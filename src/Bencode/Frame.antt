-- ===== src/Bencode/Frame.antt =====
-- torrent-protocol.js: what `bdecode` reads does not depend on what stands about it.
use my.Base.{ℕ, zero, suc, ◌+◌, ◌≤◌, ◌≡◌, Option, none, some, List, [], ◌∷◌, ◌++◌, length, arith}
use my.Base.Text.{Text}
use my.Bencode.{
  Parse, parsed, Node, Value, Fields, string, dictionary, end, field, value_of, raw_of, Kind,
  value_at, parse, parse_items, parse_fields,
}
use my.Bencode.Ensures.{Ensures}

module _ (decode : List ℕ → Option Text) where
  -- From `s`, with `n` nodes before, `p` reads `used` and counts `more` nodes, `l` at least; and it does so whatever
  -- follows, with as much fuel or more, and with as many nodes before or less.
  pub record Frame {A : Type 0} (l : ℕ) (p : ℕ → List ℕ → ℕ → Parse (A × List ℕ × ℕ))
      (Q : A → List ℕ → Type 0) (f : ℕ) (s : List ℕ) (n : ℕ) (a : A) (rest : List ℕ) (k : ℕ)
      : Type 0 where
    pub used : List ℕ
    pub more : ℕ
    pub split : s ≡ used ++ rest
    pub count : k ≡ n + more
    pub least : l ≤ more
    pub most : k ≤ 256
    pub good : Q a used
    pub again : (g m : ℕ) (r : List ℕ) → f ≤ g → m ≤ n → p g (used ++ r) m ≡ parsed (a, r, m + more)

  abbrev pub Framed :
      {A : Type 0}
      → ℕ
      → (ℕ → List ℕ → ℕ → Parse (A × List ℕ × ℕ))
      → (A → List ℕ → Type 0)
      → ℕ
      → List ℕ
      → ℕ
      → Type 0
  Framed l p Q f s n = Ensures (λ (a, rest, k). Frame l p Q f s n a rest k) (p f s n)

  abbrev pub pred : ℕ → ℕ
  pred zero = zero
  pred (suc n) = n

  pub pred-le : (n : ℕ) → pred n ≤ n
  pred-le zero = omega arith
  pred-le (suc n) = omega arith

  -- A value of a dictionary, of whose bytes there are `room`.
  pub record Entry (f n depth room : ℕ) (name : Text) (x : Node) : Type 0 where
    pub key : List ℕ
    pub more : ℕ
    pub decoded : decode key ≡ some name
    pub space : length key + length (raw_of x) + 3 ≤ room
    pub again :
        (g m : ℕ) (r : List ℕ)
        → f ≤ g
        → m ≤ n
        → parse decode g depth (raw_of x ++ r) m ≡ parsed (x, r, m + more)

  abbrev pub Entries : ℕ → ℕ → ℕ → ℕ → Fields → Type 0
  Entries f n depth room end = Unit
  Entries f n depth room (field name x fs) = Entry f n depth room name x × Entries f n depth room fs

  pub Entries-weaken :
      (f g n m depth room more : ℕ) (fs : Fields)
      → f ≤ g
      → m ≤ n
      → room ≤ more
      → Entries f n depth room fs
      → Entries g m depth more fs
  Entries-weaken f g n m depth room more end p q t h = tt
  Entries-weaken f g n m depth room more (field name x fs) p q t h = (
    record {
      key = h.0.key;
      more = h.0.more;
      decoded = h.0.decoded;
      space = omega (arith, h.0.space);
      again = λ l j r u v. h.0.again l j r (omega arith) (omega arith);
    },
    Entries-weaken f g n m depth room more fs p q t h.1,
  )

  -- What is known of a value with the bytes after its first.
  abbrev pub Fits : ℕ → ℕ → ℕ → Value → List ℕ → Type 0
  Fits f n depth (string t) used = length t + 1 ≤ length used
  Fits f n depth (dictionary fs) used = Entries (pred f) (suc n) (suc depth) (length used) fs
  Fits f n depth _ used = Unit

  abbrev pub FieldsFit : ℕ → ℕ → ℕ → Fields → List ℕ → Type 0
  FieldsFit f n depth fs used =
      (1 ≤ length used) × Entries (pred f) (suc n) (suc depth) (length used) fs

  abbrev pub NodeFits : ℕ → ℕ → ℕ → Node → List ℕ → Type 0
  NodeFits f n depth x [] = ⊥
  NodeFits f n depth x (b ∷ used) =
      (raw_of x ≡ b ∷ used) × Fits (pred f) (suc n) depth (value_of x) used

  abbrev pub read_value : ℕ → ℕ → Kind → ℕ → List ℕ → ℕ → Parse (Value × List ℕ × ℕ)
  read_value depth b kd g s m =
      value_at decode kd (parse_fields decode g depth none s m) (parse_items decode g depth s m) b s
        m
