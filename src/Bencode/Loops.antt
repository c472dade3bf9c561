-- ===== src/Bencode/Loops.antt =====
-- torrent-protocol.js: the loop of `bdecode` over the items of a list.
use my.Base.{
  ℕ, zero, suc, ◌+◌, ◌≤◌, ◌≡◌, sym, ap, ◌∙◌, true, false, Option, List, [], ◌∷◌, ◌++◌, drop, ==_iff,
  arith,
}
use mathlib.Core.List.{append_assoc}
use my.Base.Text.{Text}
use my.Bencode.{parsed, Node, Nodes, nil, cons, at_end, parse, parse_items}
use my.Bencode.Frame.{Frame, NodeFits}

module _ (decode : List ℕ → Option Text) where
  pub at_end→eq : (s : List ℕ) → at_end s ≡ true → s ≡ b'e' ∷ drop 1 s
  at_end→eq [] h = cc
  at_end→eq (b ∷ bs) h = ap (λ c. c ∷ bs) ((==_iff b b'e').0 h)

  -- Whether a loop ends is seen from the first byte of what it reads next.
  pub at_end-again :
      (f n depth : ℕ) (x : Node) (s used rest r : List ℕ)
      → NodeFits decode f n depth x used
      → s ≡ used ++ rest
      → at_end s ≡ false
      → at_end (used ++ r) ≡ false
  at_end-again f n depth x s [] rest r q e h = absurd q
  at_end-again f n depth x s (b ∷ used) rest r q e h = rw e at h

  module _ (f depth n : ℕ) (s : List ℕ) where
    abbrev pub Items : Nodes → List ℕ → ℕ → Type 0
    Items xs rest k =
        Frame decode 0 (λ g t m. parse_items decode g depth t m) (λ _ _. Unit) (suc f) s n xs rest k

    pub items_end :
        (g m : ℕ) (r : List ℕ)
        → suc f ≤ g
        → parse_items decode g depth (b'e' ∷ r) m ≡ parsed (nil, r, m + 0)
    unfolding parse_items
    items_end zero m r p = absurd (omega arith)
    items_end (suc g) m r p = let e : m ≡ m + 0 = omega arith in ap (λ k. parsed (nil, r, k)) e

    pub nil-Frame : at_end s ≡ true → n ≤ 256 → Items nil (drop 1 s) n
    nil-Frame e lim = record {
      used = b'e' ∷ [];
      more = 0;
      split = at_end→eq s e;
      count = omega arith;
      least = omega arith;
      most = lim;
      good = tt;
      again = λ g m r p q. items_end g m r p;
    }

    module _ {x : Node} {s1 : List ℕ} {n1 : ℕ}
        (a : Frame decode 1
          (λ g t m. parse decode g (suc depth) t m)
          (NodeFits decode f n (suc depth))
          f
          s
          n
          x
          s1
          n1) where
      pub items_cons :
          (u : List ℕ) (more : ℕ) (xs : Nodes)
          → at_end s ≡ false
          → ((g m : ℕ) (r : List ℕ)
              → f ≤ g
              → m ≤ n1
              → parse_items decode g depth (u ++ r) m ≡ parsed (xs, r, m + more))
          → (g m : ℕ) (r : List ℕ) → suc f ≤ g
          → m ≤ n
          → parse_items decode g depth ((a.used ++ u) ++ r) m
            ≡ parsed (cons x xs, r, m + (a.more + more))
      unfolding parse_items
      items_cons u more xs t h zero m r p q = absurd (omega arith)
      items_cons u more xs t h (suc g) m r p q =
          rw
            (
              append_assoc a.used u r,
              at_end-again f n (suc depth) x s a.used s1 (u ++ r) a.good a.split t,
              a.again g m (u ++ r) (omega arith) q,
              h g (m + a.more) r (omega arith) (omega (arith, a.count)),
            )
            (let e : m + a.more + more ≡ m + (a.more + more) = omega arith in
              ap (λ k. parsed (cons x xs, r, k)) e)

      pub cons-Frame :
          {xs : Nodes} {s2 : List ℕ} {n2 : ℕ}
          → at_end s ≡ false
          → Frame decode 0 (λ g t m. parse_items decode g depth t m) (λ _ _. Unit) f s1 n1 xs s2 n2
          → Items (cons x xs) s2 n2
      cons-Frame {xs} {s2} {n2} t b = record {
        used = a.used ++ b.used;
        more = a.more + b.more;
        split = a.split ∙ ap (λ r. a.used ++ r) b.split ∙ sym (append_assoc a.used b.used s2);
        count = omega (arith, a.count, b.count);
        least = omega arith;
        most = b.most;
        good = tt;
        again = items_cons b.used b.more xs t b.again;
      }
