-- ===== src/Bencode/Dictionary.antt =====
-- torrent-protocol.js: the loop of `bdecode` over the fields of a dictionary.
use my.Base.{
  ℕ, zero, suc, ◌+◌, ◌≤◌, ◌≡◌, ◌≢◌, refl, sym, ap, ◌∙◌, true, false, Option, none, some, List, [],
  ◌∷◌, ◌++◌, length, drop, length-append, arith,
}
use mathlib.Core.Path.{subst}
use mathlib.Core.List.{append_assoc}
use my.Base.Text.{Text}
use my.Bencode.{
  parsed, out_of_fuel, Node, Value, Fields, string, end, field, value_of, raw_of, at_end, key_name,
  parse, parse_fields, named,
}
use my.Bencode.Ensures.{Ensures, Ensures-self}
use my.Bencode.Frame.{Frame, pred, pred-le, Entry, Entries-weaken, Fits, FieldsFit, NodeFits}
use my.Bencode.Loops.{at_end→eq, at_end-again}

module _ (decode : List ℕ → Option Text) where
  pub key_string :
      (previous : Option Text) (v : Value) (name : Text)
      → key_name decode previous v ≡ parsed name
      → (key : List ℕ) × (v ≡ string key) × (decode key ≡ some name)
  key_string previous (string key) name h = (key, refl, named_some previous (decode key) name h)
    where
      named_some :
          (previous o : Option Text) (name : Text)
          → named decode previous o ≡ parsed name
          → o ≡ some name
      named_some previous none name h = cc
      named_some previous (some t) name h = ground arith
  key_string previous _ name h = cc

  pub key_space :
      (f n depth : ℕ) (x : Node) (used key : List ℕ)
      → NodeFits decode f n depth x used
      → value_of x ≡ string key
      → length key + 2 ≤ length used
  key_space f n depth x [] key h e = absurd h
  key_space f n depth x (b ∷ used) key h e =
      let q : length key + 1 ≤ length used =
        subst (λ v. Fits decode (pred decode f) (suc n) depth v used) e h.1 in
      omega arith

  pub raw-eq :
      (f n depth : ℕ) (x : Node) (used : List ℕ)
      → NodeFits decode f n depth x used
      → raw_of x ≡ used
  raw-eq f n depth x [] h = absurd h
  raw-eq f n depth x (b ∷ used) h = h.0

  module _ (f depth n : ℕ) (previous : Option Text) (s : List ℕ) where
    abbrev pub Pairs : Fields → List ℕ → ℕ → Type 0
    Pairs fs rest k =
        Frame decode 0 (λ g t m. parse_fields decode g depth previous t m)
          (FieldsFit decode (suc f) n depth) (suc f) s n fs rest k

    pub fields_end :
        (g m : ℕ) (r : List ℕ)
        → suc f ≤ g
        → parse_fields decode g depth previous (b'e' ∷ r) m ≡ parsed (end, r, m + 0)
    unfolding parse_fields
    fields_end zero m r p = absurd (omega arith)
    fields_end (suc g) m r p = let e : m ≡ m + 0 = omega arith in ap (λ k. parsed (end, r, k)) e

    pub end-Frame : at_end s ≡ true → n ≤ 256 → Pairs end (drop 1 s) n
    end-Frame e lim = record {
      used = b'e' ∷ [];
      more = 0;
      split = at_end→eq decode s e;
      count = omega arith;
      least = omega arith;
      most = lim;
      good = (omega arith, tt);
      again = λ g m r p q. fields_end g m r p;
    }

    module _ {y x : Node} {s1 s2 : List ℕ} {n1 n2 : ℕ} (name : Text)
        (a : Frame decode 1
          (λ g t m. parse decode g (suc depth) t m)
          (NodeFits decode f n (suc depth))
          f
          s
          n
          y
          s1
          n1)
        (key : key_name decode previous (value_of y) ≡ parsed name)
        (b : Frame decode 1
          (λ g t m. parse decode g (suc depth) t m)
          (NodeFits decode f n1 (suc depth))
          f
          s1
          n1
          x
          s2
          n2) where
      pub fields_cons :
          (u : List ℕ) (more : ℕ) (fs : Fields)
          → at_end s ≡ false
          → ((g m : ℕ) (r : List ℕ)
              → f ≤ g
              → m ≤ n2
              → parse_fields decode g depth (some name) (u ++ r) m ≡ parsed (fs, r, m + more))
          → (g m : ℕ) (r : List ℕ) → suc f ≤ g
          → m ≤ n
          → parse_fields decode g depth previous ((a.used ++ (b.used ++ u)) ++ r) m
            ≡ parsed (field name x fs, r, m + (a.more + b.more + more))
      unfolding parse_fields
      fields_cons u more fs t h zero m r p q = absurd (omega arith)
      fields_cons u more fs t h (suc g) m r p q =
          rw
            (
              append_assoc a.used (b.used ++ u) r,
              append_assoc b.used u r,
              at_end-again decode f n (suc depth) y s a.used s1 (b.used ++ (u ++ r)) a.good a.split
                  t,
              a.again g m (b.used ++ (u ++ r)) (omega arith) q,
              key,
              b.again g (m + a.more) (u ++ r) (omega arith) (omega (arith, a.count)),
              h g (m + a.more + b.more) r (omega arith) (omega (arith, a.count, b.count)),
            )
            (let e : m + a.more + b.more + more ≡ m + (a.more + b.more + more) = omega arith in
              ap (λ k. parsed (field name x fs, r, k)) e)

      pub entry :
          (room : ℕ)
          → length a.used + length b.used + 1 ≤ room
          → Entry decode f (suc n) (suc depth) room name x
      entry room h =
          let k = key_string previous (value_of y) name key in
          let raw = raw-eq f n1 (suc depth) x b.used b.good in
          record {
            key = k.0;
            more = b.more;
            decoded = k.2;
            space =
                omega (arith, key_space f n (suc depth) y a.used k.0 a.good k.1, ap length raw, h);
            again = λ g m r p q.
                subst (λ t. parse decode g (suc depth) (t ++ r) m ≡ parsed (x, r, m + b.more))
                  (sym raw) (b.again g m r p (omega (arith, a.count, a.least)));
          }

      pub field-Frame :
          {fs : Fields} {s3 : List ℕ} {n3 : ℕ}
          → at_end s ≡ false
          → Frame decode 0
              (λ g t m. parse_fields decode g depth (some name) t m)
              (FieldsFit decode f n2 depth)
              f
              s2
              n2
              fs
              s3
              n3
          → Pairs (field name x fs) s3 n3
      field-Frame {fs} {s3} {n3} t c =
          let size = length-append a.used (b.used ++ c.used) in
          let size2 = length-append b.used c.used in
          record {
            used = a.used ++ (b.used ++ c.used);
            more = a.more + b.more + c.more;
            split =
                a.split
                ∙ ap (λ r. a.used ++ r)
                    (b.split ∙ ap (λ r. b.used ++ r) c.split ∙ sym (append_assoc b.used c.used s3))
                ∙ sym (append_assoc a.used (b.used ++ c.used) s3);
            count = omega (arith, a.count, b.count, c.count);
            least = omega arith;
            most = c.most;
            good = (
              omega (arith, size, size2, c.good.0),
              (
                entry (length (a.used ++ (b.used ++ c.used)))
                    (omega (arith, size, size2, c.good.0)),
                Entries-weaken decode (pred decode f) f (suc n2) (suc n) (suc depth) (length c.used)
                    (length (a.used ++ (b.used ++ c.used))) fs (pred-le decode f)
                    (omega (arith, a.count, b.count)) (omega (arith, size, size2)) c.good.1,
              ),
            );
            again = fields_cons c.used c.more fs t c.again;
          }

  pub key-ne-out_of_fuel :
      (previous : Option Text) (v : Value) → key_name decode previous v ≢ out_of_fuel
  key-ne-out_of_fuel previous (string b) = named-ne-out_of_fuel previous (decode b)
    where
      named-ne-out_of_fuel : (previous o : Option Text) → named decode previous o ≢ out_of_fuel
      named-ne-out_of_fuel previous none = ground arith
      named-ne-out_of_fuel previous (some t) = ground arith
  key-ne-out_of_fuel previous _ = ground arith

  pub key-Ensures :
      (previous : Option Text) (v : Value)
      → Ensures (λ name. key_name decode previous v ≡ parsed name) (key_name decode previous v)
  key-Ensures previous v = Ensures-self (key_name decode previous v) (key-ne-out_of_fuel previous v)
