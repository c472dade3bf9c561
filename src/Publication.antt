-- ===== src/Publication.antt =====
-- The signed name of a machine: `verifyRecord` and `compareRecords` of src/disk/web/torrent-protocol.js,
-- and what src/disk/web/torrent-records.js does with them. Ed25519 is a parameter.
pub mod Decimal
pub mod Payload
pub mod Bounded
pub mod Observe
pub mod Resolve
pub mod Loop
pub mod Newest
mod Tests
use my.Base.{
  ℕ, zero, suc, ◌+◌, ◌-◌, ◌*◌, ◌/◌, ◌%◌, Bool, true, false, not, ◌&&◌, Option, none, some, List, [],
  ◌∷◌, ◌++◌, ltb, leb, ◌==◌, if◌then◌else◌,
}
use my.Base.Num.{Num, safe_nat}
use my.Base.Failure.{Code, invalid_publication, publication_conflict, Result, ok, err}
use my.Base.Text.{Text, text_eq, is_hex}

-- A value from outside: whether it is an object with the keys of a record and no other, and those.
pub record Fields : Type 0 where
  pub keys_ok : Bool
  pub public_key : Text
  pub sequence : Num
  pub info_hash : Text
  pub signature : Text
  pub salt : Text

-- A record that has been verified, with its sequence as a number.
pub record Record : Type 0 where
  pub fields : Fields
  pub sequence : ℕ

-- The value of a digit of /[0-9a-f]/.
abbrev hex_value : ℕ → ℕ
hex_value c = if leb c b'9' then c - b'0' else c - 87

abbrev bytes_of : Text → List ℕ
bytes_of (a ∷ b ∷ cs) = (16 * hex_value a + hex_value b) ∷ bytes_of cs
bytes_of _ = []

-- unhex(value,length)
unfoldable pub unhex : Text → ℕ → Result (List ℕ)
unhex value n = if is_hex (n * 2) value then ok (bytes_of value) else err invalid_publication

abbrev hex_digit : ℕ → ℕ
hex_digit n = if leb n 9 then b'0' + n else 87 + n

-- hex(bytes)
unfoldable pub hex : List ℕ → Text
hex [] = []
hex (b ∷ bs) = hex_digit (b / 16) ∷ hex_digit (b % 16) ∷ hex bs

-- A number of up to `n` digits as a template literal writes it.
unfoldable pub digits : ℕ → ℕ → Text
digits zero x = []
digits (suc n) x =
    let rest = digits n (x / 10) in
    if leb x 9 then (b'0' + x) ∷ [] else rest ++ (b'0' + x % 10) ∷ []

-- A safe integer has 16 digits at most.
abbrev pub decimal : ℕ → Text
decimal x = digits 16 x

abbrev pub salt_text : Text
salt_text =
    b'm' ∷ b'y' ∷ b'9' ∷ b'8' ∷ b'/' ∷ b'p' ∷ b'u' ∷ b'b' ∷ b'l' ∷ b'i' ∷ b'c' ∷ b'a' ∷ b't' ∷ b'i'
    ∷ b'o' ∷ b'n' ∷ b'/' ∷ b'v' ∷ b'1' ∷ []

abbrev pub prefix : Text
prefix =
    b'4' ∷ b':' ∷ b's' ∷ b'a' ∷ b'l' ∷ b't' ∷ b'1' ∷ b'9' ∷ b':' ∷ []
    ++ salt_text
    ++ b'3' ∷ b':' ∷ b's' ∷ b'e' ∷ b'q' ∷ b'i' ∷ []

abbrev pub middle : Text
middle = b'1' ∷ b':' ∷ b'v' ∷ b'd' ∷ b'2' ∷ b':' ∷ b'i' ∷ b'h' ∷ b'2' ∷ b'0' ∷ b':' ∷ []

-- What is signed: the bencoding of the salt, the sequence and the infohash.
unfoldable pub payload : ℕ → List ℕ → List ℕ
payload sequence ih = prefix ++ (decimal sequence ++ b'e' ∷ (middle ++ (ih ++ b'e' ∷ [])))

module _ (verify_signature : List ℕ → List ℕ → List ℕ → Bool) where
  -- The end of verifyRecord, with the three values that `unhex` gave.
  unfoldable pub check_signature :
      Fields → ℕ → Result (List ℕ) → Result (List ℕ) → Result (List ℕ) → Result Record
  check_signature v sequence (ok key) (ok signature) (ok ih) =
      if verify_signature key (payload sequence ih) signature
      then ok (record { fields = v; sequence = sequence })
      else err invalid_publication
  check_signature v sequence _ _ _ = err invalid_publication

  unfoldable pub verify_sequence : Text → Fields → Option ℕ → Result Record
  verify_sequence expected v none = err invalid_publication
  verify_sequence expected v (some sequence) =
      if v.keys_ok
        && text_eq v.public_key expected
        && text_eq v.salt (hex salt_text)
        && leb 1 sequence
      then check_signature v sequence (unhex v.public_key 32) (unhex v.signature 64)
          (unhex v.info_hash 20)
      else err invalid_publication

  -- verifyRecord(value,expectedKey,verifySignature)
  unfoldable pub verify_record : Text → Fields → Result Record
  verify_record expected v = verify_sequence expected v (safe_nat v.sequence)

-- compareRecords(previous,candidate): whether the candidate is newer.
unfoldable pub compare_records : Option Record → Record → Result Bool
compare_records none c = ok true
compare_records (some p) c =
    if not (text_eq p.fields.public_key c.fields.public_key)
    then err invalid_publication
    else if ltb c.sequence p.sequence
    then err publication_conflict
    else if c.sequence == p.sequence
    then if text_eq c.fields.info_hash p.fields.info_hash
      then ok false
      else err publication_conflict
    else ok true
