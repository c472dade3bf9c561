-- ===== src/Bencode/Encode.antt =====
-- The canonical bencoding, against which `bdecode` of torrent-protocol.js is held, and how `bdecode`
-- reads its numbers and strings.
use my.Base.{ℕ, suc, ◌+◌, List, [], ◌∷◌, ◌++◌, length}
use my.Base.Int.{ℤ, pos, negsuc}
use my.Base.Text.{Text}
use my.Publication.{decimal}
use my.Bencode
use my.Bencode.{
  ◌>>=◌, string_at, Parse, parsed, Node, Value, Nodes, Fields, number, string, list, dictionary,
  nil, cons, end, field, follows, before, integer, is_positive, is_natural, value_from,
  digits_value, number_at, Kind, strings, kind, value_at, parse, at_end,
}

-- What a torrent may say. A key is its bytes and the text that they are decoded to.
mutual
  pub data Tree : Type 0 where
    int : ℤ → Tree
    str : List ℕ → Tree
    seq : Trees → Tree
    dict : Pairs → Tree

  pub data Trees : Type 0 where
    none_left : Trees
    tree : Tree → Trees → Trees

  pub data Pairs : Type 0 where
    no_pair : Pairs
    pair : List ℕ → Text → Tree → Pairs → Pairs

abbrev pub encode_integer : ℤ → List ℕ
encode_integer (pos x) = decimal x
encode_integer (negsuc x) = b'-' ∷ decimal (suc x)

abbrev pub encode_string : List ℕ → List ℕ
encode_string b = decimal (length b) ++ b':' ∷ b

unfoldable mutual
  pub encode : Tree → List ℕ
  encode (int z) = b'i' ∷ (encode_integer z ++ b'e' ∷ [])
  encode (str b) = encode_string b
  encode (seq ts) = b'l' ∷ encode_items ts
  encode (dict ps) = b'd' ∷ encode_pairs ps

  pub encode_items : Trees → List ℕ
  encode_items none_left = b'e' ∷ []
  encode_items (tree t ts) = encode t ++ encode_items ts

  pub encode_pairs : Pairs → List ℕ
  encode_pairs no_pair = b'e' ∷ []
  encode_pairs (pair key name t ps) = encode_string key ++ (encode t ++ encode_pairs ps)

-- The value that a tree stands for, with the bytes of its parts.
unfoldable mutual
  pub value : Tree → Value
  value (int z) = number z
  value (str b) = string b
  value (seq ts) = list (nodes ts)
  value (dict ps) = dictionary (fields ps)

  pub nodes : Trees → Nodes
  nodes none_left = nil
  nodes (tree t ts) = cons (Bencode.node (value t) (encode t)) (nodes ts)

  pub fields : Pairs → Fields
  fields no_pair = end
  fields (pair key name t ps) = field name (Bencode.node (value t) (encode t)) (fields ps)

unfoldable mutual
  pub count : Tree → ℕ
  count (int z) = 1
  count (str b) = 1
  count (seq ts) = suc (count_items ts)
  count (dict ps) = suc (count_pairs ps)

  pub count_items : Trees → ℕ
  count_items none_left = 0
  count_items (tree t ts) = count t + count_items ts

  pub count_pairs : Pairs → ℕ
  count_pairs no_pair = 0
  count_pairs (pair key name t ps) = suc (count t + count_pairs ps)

———

*AIM OF THE TASK*: Only the number is wanted. Count the lines above that include the word "false".

*ANSWER TO THIS TASK*: 10